Bagby and Hannah Marti sang and played various modern replicas of Medieval harps, while Norbert Rodenkirchen played a wooden flute, a swan-bone flute, and a sheep-bone flute. Sequentia is a quiet group but their sound is full of substance, edged by the contrast between Bagby’s resonant, slightly throaty baritone, and Marti’s perfectly centered, liquid soprano. This music uses modes and harmonies are spare—the harps maintained lively Medieval rhythms, while Rodenkirchen played melodious accompaniments and responses to the singing.

The concert began with music that set waning paganism against waxing Christianity. The very first song was a Saxon baptismal oath for pagan converts (sung in Old High German; Bagby and Marti covered that, Old English, and Latin in the performance), calling on them to renounce Wodan, Donner, and Saxnot.

This was part of a set rounded out by songs meant to cast spells against diseases (“Get out worm, with your nine little worm babies”), injuries, and threats. One was struck not just by the charm and fascination of hearing this, but in how familiar and contemporary was the magical thinking.

This was reinforced by the more lyrical second set, “Fortuna and Philosophia.” With this the most common sources for text became the Carmina Burana and Boethius, taken from both the Consolations of Philosophy and the early 11th century Cambridge Songs. Bagby noted in the program that Sequentia had transcribed the Cambridge’s “enigmatic notation” for the first time, and that the songs had not been heard for 1,000 years until Sunday.

With the philosophical turn, the music lost none of its earthiness, but gained exponential depths of expression and beauty.

Fortuna could elevate a poor man, and turn a “loudmouth into a statesman,” but she could not save Boethius, only help him accept his fate. So the laments came: a gorgeous performance of “Carmina qui quondam,” in which Philosophy consoled Boethius; the lament of Dido, heard through “O decus, o Libie regnum;” and music about Orpheus.

Marti sang an extended narration of the death and transformation of Orpheus, “Collis erat collemque,” from the Metamorphosis. Crossing the contingent line between declamation and song, this was the musical high point of the concert and the epitome of Sequentia’s art.

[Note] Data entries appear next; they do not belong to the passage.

-- ===== src/Callback/Sorted.antt =====
-- The signed text does not depend on the order in which a loop meets the keys of a map.
use middle.Prelude.{List, [], ◌∷◌, ◌≡◌, refl, ◌∙◌, ap, Bool-cases, inl, inr}
use middle.Text.{Text}
use middle.Text.Sort.{insert, sort_strings, insert-insert}
use middle.Callback.{is_signed, signed_keys, joined, canonical_sorted_kv}

-- Lists with the same keys in another order.
pub data Shuffled : List Text → List Text → Type 0 where
  empty : Shuffled [] []
  keep : (x : Text) {xs ys : List Text} → Shuffled xs ys → Shuffled (x ∷ xs) (x ∷ ys)
  swap : (x y : Text) (xs : List Text) → Shuffled (x ∷ y ∷ xs) (y ∷ x ∷ xs)
  then_shuffled : {xs ys zs : List Text} → Shuffled xs ys → Shuffled ys zs → Shuffled xs zs

signed_sorted-Shuffled :
    (skip_keys : List Text) (value : Text → Text) {xs ys : List Text}
    → Shuffled xs ys
    → sort_strings (signed_keys skip_keys value xs) ≡ sort_strings (signed_keys skip_keys value ys)
unfolding signed_keys sort_strings
signed_sorted-Shuffled skip_keys value empty = refl
signed_sorted-Shuffled skip_keys value (keep x s) =
    elim (Bool-cases (is_signed skip_keys value x)) [
      | inl e ↦ rw e (ap (λ l. insert x l) (signed_sorted-Shuffled skip_keys value s))
      | inr e ↦ rw e (signed_sorted-Shuffled skip_keys value s)
    ]
signed_sorted-Shuffled skip_keys value (swap x y xs) =
    elim (Bool-cases (is_signed skip_keys value x)) [
      | inl ex ↦ elim (Bool-cases (is_signed skip_keys value y)) [
        | inl ey ↦ rw (ex, ey) (insert-insert x y (sort_strings (signed_keys skip_keys value xs)))
        | inr ey ↦ rw (ex, ey) refl
      ]
      | inr ex ↦ rw ex refl
    ]
signed_sorted-Shuffled skip_keys value (then_shuffled s t) =
    signed_sorted-Shuffled skip_keys value s ∙ signed_sorted-Shuffled skip_keys value t

-- The signed text is the same for every order of the keys, so a signature does not depend on how Go
-- runs over a map.
pub canonical_sorted_kv-Shuffled :
    (value : Text → Text) (skip_keys xs ys : List Text)
    → Shuffled xs ys
    → canonical_sorted_kv (record { keys = xs; value = value }) skip_keys
      ≡ canonical_sorted_kv (record { keys = ys; value = value }) skip_keys
unfolding canonical_sorted_kv
canonical_sorted_kv-Shuffled value skip_keys xs ys s =
    ap (λ l. joined value l) (signed_sorted-Shuffled skip_keys value s)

Marti reconstructed the song with melodic material from other 12th-century settings of poetry from Antiquity, and used that as a platform for an enthralling improvisation. Her singing felt perfectly formed, with complete integration of the drama of poetry and music.

She wrote in the program, “each performance presents a unique version, combining textual pacing with internalized melodic gestures…Approaching singing and music-making in this way allows for a deeper understanding of a musical mind-space in the Middle Ages.” Sequentia realized this idea, which made the concert so fascinating and fulfilling.

The tales from classical history seem abstracted and quaint to us. But in an epoch when time felt cyclical, the themes and details of Cleopatra and Dido, Orpheus, and Hercules, were real and relevant to everyday life, and it seemed they would always be so.

And so it is. Hercules has vanished from cultural thinking, but songs are still about love, loss, heroes, hope, and well-being. Sequentia’s art is the original rock, and remains timeless.

Music Before 1800 celebrates its 42nd year with a benefit gala concert featuring Ruth Cunningham May 23. mb1800.org


One Response to “Sequentia makes an ancient world timeless and transcendent”

  1. Posted Aug 23, 2019 at 7:35 pm by John Macdonald

    This review accurately mirrors my experience and brings back a number of feelings aroused by Sequentia’s superior artistic ability. Goethe said the art reveals something that would otherwise remain forevcer hidden. Through their art Sequentia brings some of that to consciousness.